If that's a possibility, you'll need to come up with an escape sequence to represent literal values of your field and record separator (and probably your escape sequence as well). Let's say that this is the case, and assume the % sign as an escape character:
define('ESCAPED',1);
define('NORMAL',0);
$readState = NORMAL;
while($c = fgetc($fp)) {
if($readState == ESCAPED) {
$accumulator[] = $c;
$readState = NORMAL;
} else if($c == '%') {
$readState = ESCAPED;
} else if($c == ',') {
$fields[] = implode(null,$accumulator);
$accumulator = array();
} else if($c == '\\') {
save_fields_to_mysql($fields);
$fields = array();
$accumulator = array();
} else
$accumulator[] = $c;
}
ie, any occurance of a % sets a state variable which indicates on the next pass through the loop, whatever character we read will be taken as literal data which is part of a field rather than a signifier.
This should keep your memory usage at a minimum.

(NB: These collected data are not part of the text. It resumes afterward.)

-- ===== src/Lock/Handles.antt =====
-- What the steps on lock handles do to the view of the state: releases, priorities, moves and copies.
use mathlib.Core.Path.{subst, fun_ext}
use reiser.Base.{
  ℕ, suc, ◌+◌, ◌-◌, ◌≡◌, refl, sym, ap, ◌∙◌, Bool, true, false, Option, none, some, List, [], ◌∷◌,
  if◌then◌else◌, if_cases, Bool-cases, inl, inr, ◌==◌, put, put_at, put_ne, put_map, put-put,
  count_if, count, length, arith,
}
use reiser.Lock.State.{Link, Zlock, Stack, World, put_zlock}
use reiser.Lock.Primitives.{
  unlink_object, del_link, del_lock, clear_signal, raise_locks, set_signal, is_signaled,
  check_deadlock_condition, needs_signal, lower_lock, lower_locks,
}
use reiser.Lock.Longterm.{drop_signal, released, release_lock}
use reiser.Lock.View.{owner_ids, lock_nodes, Core, core, Thread, thread, zs_of, ts_of}

-- Who owns a handle of a node, and on which node a handle of a thread is.
abbrev pub owner_of : ℕ → List Link → Option ℕ
owner_of h [] = none
owner_of h (l ∷ ls) = if l.handle == h then some l.owner else owner_of h ls

abbrev pub node_of : ℕ → List (ℕ × ℕ) → Option ℕ
node_of h [] = none
node_of h ((k, n) ∷ ls) = if k == h then some n else node_of h ls

abbrev pub Holds : World → (handle t n : ℕ) → Type 0
Holds w handle t n =
    (owner_of handle (w.zlocks n).owners ≡ some t) × (node_of handle (w.stacks t).locks ≡ some n)

pub del_link-count :
    (p : ℕ → Bool) (h t : ℕ) (ls : List Link)
    → owner_of h ls ≡ some t
    → (if p t then 1 else 0) + count_if p (owner_ids (del_link h ls)) ≡ count_if p (owner_ids ls)
del_link-count p h t [] e = absurd (ground (arith, e))
del_link-count p h t (l ∷ ls) e = elim (Bool-cases (l.handle == h)) [
  | inl d ↦ let same : l.owner ≡ t = ground (arith, e, d) in ground (arith, d, ap p same)
  | inr d ↦ ground (arith, d, del_link-count p h t ls (ground (arith, e, d)))
]

pub del_link-length :
    (h t : ℕ) (ls : List Link)
    → owner_of h ls ≡ some t
    → suc (length (owner_ids (del_link h ls))) ≡ length (owner_ids ls)
del_link-length h t [] e = absurd (ground (arith, e))
del_link-length h t (l ∷ ls) e = elim (Bool-cases (l.handle == h)) [
  | inl d ↦ ground (arith, d)
  | inr d ↦ ground (arith, d, del_link-length h t ls (ground (arith, e, d)))
]

pub del_lock-count :
    (p : ℕ → Bool) (h n : ℕ) (ls : List (ℕ × ℕ))
    → node_of h ls ≡ some n
    → (if p n then 1 else 0) + count_if p (lock_nodes (del_lock h ls)) ≡ count_if p (lock_nodes ls)
del_lock-count p h n [] e = absurd (ground (arith, e))
del_lock-count p h n ((k, m) ∷ ls) e = elim (Bool-cases (k == h)) [
  | inl d ↦ let same : m ≡ n = ground (arith, e, d) in ground (arith, d, ap p same)
  | inr d ↦ ground (arith, d, del_lock-count p h n ls (ground (arith, e, d)))
]

pub set_signal-ids : (h : ℕ) (ls : List Link) → owner_ids (set_signal h ls) ≡ owner_ids ls
set_signal-ids h [] = refl
set_signal-ids h (l ∷ ls) =
    if_cases (λ (r : List Link). owner_ids r ≡ owner_ids (l ∷ ls)) (l.handle == h) (λ e. refl)
      (λ e. ap (λ us. l.owner ∷ us) (set_signal-ids h ls))

pub clear_signal-ids : (h : ℕ) (ls : List Link) → owner_ids (clear_signal h ls) ≡ owner_ids ls
clear_signal-ids h [] = refl
clear_signal-ids h (l ∷ ls) =
    if_cases (λ (r : List Link). owner_ids r ≡ owner_ids (l ∷ ls)) (l.handle == h) (λ e. refl)
      (λ e. ap (λ us. l.owner ∷ us) (clear_signal-ids h ls))

-- A change of the counter of owners.
abbrev changed : (ℕ → ℕ → ℕ) → ℕ → Core → Core
changed op d z = record z { nr_hipri_owners = op z.nr_hipri_owners d }

core-changed :
    (op : ℕ → ℕ → ℕ) (zlocks : ℕ → Zlock) (n k : ℕ) (z : Zlock)
    → ((a : ℕ) → op a 0 ≡ a)
    → core z ≡ changed op 1 (core (zlocks n))
    → core (put zlocks n z k) ≡ changed op (if n == k then 1 else 0) (core (zlocks k))
core-changed op zlocks n k z unit h = elim (Bool-cases (n == k)) [
  | inl e ↦
      subst (λ m. core (put zlocks n z m) ≡ changed op 1 (core (zlocks m))) {x = n} {y = k}
        (ground arith) (ap core (put_at zlocks n z) ∙ h)
      ∙ (rw e)
  | inr e ↦
      let other : (k == n) ≡ false = ground arith in
      ap core (put_ne zlocks n z k other)
      ∙ ap (λ a. record (core (zlocks k)) { nr_hipri_owners = a })
          (sym (unit (zlocks k).nr_hipri_owners))
      ∙ (rw e)
]

abbrev plus : ℕ → ℕ → ℕ
plus a b = a + b

abbrev minus : ℕ → ℕ → ℕ
minus a b = a - b

pub raise_locks-core :
    (ls : List (ℕ × ℕ)) (zlocks : ℕ → Zlock) (k : ℕ)
    → let z = core (zlocks k) in
      core (raise_locks ls zlocks k)
      ≡ record z { nr_hipri_owners = z.nr_hipri_owners + count k (lock_nodes ls) }
unfolding raise_locks
raise_locks-core [] zlocks k =
    ap (λ a. record (core (zlocks k)) { nr_hipri_owners = a }) (omega arith)
raise_locks-core ((h, n) ∷ ls) zlocks k =
    let z = zlocks n in
    let z' = record z {
      nr_hipri_owners = z.nr_hipri_owners + 1;
      owners = clear_signal h z.owners;
    } in
    let here =
      core-changed plus zlocks n k z' (λ a. omega arith)
        (ap (λ (us : List ℕ). record (core z) { nr_hipri_owners = z.nr_hipri_owners + 1; ids = us })
          (clear_signal-ids h z.owners)) in
    raise_locks-core ls (put zlocks n z') k
    ∙ ap (changed plus (count k (lock_nodes ls))) here
    ∙ ap (λ a. record (core (zlocks k)) { nr_hipri_owners = a }) (omega arith)

lower_lock-core :
    (h : ℕ) (z : Zlock)
    → core (lower_lock h z) ≡ record (core z) { nr_hipri_owners = z.nr_hipri_owners - 1 }
unfolding check_deadlock_condition
lower_lock-core h z =
    let z' = record z { nr_hipri_owners = z.nr_hipri_owners - 1 } in
    if_cases (λ (a : Zlock). core a ≡ core z') (needs_signal h z')
      (λ e. ap (λ (us : List ℕ). record (core z') { ids = us }) (set_signal-ids h z.owners))
      (λ e. refl)

pub lower_locks-core :
    (ls : List (ℕ × ℕ)) (a : ℕ) (zlocks : ℕ → Zlock) (k : ℕ)
    → let z = core (zlocks k) in
      core ((lower_locks ls a zlocks).1 k)
      ≡ record z { nr_hipri_owners = z.nr_hipri_owners - count k (lock_nodes ls) }
unfolding lower_locks check_deadlock_condition
lower_locks-core [] a zlocks k =
    ap (λ a. record (core (zlocks k)) { nr_hipri_owners = a }) (omega arith)
lower_locks-core ((h, n) ∷ ls) a zlocks k =
    let z = zlocks n in
    let a' =
      if needs_signal h (record z { nr_hipri_owners = z.nr_hipri_owners - 1 }) then a + 1 else a in
    lower_locks-core ls a' (put zlocks n (lower_lock h z)) k
    ∙ ap (changed minus (count k (lock_nodes ls)))
        (core-changed minus zlocks n k (lower_lock h z) (λ a. omega arith) (lower_lock-core h z))
    ∙ ap (λ a. record (core (zlocks k)) { nr_hipri_owners = a }) (omega arith)

pub release-zs :
    (w : World) (n : ℕ) (z : Zlock) (me h : ℕ)
    → zs_of (release_lock (put_zlock w n z) me h n)
      ≡ put (zs_of w) n (record (core z) {
        nr_readers = released z.nr_readers;
        ids = owner_ids (del_link h z.owners);
      })
unfolding release_lock unlink_object
release-zs w n z me h =
    let self : (n == n) ≡ true = ground arith in
    fun_ext (λ k. elim (Bool-cases (k == n)) [ inl e ↦ rw (e, self) | inr e ↦ rw e ])

abbrev pub cut : ℕ → Stack → Stack
cut h s = record s { locks = del_lock h s.locks }

pub drop_signal-cut :
    (b : Bool) (s : Stack) (h : ℕ)
    → thread (cut h (drop_signal b s))
      ≡ record (thread s) { nodes = lock_nodes (del_lock h s.locks) }
drop_signal-cut true s h = refl
drop_signal-cut false s h = refl

pub release-ts :
    (w : World) (n : ℕ) (z : Zlock) (me h : ℕ)
    → ts_of (release_lock (put_zlock w n z) me h n)
      ≡ put
          (ts_of w)
          me
          (record (ts_of w me) { nodes = lock_nodes (del_lock h (w.stacks me).locks) })
unfolding release_lock unlink_object
release-ts w n z me h =
    let b = is_signaled h (put w.zlocks n z n).owners in
    let s = drop_signal b (w.stacks me) in
    let threads : (ℕ → Stack) → ℕ → Thread = λ f t. thread (f t) in
    ap threads (
      ap (λ (a : Stack). put (put w.stacks me s) me (cut h a)) (put_at w.stacks me s)
      ∙ put-put w.stacks me s (cut h s))
    ∙ put_map thread w.stacks me (cut h s)
    ∙ ap (λ (th : Thread). put (ts_of w) me th) (drop_signal-cut b (w.stacks me) h)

[Update] What about I/O efficiency?
One commenter correctly pointed out that this illustration is pretty I/O intensive, and since I/O tends to be the most costly operation in terms of time, it's entirely possible it wouldn't be an acceptable solution.
At one other end of the spectrum we have the option of buffering the entire file into memory, which includes the original memory-intensive solutions the Asker mentioned but wanted to avoid. The happy medium probably lies somewhere in the middle: we can use the read-limit you can pass as the second argument to fgets()
to pull in a somewhat large (but not ridiculously large) number of characters in a single I/O gulp, and then process that buffer character-by-character instead of the I/O stream, refilling it when we burn through the buffer.
This does make the read process a little more code intensive than $c = fgetc($fp)
, though, because you have to monitor where you are in the buffer and how full the buffer is as well as where you are in the file. You can do this with a series of flags and index variables inside the read loop if you want, but it might be more convenient to have an abstraction something like this:
class StrBufferedChrReader {
private $_filename;
private $_fp;
private $_bufferIdx;
private $_bufferMax = 2048;
private $_buffer;
function __construct($filename=null,$bufferMax=null) {
if($bufferMax) $this->_bufferMax = $bufferMax;
if($filename) $this->open($filename);
}
function _refillBuffer() {
if($this->_fp) {
$this->_buffer = fgets($this->_fp,$this->_bufferMax + 1);
$this->_bufferIdx = 0;
return $this->_buffer;
}
return false;
}
function open($filename=null) {
if($filename) $this->_filename = $filename;
if($this->_fp = fopen($this->_filename))
$this->_refillBuffer();
return $this->_fp;
}
function getc() {
if($this->_bufferIdx == $this->_bufferMax)
if(!$this->_refillBuffer())
return false;
return $this->_buffer[$this->_bufferIdx++];
}
function close() {
$this->_buffer = null;
$this->_bufferIdx = null;
return fclose($this->_fp);
}
}
Which you could use in either loop above like so:
$r = new StrBufferedChrReader($filename,$bufferSize);
while($c = $r->getc()) {
...
Something like this allows you to stake out a lot of different spots along the continuum between a memory-intensive solution and an I/O intensive solution by changing $bufferSize. Bigger $bufferSize, more memory usage, fewer I/O ops. Smaller $bufferSize, less memory usage, more I/O ops.
(Note: don't assume that class is production-ready. It's meant as an illustration of a possible abstraction, may contain off-by-one or other errors. May cause blurred vision, lack of sleep, heart palpitations, or other side effects. Check with a doctor and unit testing before using.)